What you will do – What lines in the entries hold the string "does"? List them.
-------- Data to use
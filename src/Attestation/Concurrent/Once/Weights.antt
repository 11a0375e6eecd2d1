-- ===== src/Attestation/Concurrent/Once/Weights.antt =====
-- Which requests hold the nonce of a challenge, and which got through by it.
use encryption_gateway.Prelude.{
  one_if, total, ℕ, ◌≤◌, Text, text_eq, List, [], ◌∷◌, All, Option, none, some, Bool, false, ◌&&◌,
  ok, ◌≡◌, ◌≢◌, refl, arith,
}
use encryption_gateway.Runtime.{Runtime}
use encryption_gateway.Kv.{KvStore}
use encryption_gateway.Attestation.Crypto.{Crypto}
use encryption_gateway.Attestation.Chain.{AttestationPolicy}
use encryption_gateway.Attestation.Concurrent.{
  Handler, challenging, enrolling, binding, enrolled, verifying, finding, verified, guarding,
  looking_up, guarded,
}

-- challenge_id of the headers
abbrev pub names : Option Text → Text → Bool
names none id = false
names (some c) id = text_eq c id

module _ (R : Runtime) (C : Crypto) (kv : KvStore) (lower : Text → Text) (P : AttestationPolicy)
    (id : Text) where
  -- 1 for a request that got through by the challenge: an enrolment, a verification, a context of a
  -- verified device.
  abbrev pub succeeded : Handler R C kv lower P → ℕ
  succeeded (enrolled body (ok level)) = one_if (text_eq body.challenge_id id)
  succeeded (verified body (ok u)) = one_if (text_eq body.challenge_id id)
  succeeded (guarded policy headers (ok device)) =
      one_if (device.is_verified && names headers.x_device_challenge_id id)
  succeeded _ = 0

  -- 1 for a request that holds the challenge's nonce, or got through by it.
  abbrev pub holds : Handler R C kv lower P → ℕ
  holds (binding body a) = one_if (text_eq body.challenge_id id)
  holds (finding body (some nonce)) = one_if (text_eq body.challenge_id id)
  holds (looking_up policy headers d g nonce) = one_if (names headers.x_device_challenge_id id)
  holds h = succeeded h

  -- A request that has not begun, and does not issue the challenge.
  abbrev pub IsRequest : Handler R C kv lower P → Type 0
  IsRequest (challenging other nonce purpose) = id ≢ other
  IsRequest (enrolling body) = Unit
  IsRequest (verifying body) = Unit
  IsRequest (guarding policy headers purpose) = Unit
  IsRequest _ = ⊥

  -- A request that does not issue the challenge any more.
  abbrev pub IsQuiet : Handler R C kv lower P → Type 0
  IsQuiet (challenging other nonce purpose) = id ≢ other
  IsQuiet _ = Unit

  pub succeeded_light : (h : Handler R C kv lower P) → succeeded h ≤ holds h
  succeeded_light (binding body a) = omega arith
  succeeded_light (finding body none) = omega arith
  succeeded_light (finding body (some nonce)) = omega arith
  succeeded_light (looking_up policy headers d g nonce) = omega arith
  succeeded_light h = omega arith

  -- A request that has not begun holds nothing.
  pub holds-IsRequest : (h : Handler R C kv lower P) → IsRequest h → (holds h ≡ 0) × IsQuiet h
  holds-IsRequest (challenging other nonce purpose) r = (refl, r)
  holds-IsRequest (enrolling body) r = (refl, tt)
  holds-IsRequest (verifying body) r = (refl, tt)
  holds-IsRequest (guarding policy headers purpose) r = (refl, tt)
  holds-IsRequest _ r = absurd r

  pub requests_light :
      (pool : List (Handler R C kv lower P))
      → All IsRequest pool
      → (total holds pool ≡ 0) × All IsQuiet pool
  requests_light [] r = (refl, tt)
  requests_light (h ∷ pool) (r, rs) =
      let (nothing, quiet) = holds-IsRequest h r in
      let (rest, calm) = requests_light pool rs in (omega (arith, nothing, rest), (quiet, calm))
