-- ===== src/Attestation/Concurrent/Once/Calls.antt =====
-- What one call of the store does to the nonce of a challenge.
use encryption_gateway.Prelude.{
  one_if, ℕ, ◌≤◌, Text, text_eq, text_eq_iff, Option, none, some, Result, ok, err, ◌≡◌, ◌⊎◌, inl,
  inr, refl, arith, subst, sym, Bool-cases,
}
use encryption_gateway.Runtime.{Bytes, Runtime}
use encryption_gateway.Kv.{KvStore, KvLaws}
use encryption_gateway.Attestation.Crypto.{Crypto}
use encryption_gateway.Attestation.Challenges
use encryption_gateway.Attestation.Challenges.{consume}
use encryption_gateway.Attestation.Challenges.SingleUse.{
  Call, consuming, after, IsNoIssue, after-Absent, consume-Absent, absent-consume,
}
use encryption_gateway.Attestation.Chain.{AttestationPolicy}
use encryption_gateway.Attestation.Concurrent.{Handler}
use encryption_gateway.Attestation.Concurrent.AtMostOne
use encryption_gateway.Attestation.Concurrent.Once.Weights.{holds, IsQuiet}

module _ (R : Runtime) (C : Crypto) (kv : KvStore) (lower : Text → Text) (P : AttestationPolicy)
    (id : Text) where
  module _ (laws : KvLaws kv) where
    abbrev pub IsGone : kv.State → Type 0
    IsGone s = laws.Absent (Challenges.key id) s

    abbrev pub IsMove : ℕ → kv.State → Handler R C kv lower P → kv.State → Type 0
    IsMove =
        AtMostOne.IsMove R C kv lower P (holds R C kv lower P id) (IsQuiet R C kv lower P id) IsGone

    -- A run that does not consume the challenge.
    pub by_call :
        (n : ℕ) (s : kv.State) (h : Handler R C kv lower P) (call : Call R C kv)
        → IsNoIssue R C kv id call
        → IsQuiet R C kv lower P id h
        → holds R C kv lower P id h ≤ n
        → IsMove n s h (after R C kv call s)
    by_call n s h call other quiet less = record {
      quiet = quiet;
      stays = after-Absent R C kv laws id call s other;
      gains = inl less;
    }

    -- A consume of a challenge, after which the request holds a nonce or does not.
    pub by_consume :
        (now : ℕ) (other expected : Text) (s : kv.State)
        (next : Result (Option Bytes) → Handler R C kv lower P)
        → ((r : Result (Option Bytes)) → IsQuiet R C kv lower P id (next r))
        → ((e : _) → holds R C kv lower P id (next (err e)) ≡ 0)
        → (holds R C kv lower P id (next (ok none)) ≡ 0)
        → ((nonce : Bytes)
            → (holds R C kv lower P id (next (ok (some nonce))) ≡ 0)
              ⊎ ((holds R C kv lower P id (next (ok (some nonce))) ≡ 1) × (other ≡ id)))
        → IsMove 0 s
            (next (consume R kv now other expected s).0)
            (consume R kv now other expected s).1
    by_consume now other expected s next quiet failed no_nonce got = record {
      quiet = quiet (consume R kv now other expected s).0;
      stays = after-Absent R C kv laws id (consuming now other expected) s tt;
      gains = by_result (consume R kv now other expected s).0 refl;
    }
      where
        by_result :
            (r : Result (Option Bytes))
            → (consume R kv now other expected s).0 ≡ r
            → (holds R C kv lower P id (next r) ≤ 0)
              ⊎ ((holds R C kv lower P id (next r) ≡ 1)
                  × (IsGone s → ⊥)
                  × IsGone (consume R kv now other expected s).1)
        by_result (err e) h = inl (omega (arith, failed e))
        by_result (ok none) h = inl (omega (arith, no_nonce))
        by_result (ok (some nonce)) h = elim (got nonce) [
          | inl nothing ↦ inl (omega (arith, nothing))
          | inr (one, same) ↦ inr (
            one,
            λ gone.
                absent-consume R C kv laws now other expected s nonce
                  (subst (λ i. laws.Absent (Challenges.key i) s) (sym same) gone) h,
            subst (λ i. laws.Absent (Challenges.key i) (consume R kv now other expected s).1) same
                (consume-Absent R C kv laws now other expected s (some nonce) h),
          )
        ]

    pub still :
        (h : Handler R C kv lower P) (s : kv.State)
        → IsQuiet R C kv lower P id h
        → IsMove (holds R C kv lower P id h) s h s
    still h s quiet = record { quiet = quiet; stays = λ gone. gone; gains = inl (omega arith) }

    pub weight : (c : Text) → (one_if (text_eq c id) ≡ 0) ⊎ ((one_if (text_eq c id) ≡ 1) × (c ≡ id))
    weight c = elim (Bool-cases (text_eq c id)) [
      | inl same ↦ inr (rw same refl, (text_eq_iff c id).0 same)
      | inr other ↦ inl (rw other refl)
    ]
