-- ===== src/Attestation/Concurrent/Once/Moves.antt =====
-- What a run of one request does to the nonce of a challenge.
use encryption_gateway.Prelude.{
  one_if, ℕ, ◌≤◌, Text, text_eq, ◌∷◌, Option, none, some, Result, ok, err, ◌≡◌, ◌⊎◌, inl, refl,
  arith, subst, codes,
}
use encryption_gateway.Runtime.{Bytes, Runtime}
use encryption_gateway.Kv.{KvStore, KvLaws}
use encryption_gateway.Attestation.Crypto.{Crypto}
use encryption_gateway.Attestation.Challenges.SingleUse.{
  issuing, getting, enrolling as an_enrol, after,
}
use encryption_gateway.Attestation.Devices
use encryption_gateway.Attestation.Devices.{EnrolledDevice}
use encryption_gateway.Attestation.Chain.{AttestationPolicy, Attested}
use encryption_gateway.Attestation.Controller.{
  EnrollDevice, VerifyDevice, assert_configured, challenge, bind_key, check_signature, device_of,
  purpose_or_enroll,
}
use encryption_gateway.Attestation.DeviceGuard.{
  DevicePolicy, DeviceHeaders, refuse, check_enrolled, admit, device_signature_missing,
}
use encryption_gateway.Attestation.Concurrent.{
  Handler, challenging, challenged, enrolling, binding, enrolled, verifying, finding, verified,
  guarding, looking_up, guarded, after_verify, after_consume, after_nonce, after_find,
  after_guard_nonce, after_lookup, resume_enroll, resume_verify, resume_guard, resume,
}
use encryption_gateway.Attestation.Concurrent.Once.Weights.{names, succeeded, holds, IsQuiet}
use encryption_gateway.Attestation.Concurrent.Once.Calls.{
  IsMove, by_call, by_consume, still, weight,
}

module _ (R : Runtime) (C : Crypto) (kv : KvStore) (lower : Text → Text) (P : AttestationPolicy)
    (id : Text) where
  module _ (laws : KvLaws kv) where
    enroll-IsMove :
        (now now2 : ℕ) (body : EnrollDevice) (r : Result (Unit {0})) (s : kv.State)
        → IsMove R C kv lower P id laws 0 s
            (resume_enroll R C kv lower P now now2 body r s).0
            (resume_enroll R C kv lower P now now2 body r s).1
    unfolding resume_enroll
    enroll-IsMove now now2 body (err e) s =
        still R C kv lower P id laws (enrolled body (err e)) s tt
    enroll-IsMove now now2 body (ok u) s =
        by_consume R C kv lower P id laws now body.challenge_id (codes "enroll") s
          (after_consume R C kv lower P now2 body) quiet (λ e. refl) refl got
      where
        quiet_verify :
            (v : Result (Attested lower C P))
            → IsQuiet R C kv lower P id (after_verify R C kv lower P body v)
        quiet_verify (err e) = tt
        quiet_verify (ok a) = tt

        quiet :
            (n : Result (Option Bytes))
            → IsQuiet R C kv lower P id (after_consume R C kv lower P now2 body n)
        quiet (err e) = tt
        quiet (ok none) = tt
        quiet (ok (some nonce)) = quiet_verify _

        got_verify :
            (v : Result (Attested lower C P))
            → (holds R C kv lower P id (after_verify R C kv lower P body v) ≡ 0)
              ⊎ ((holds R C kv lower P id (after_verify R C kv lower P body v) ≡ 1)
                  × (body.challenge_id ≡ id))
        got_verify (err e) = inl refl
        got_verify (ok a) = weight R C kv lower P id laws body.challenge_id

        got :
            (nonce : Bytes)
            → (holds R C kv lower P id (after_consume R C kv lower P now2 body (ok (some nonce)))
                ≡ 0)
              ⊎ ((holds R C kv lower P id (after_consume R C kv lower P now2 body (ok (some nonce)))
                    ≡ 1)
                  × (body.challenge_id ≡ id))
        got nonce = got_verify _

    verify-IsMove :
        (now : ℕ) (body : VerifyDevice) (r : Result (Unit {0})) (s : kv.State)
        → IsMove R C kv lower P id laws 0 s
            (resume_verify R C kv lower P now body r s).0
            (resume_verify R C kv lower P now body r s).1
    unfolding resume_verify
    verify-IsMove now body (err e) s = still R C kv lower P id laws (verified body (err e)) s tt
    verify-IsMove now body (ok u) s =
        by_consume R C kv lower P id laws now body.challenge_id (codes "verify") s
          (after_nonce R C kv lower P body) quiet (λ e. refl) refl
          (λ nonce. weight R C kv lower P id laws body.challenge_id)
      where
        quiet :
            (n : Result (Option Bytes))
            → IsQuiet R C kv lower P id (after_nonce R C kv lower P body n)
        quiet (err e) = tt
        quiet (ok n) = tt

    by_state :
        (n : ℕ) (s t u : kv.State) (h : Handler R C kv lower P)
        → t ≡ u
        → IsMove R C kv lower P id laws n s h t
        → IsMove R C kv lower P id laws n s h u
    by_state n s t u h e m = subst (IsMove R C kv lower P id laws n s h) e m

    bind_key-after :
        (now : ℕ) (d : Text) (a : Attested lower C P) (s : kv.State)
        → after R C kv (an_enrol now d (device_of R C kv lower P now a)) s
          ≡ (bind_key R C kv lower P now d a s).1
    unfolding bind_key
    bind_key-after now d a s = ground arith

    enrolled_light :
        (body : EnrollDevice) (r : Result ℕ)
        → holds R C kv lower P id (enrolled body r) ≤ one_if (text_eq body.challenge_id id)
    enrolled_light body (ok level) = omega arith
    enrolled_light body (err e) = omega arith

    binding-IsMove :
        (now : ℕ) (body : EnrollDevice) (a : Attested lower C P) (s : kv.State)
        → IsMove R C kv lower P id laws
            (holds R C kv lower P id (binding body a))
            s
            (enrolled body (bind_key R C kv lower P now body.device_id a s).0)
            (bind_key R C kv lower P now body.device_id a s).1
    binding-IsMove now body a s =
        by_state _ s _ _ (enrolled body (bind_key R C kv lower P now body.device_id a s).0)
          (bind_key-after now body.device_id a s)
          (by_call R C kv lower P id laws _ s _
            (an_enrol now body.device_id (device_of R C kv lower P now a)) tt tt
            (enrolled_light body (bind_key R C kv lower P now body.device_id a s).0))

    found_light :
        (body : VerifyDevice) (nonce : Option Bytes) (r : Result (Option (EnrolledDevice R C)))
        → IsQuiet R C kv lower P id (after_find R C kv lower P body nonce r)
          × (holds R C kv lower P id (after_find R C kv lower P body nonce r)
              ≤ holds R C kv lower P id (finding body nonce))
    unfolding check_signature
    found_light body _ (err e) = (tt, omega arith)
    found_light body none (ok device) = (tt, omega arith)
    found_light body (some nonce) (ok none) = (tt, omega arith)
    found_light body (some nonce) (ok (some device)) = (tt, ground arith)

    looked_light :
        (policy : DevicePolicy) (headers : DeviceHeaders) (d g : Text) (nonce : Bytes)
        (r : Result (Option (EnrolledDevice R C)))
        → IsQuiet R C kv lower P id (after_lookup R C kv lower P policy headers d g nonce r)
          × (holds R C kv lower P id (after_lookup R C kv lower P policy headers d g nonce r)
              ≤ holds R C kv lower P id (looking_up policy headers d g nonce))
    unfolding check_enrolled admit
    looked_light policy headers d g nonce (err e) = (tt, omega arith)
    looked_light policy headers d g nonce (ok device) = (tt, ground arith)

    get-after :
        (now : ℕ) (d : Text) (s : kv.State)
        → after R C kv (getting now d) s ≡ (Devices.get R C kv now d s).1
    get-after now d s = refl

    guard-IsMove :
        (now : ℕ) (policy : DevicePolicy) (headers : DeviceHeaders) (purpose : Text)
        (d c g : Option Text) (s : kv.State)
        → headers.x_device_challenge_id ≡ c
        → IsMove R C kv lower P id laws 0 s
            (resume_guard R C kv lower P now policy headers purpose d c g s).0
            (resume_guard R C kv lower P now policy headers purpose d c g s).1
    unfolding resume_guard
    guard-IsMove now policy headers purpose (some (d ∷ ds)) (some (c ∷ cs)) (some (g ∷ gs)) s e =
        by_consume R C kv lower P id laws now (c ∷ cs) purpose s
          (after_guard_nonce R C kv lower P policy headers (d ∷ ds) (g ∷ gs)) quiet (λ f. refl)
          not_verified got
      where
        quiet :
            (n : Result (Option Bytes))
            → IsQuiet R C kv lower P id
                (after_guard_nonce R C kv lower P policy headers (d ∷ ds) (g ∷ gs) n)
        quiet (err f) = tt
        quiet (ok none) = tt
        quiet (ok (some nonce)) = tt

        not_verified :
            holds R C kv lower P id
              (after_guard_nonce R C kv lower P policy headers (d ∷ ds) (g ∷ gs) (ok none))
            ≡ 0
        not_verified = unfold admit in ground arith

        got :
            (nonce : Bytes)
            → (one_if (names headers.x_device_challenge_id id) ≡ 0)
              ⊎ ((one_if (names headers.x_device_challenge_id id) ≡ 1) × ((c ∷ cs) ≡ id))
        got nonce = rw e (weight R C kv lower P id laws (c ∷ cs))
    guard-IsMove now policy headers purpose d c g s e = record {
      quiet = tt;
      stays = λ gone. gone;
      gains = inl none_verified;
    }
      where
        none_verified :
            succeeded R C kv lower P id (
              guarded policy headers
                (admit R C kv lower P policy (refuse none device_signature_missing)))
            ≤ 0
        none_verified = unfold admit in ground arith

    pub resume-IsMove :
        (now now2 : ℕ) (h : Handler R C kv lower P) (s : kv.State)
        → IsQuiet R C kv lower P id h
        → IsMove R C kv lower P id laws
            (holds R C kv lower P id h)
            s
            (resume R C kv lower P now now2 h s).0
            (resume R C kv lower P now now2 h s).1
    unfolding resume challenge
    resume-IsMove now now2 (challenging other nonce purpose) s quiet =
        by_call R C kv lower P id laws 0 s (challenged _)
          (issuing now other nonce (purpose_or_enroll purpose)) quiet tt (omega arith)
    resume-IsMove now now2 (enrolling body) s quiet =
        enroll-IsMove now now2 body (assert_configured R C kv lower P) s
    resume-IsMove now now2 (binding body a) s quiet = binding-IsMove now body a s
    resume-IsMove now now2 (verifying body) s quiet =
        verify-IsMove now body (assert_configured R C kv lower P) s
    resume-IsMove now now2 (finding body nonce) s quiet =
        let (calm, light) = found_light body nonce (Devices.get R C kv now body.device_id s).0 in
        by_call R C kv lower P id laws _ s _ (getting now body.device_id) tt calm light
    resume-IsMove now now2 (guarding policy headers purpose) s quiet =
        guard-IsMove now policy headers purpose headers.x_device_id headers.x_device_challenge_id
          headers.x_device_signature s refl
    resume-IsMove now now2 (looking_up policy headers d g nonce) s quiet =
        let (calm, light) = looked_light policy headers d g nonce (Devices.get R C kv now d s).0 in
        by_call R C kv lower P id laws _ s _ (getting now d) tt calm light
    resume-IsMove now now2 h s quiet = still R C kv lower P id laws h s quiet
----------------
Output for this exercise –
  -- A request that has not begun, and does not issue the challenge.
  -- A request that does not issue the challenge any more.
-- What one call of the store does to the nonce of a challenge.
    -- A run that does not consume the challenge.
    -- A consume of a challenge, after which the request holds a nonce or does not.
-- What a run of one request does to the nonce of a challenge.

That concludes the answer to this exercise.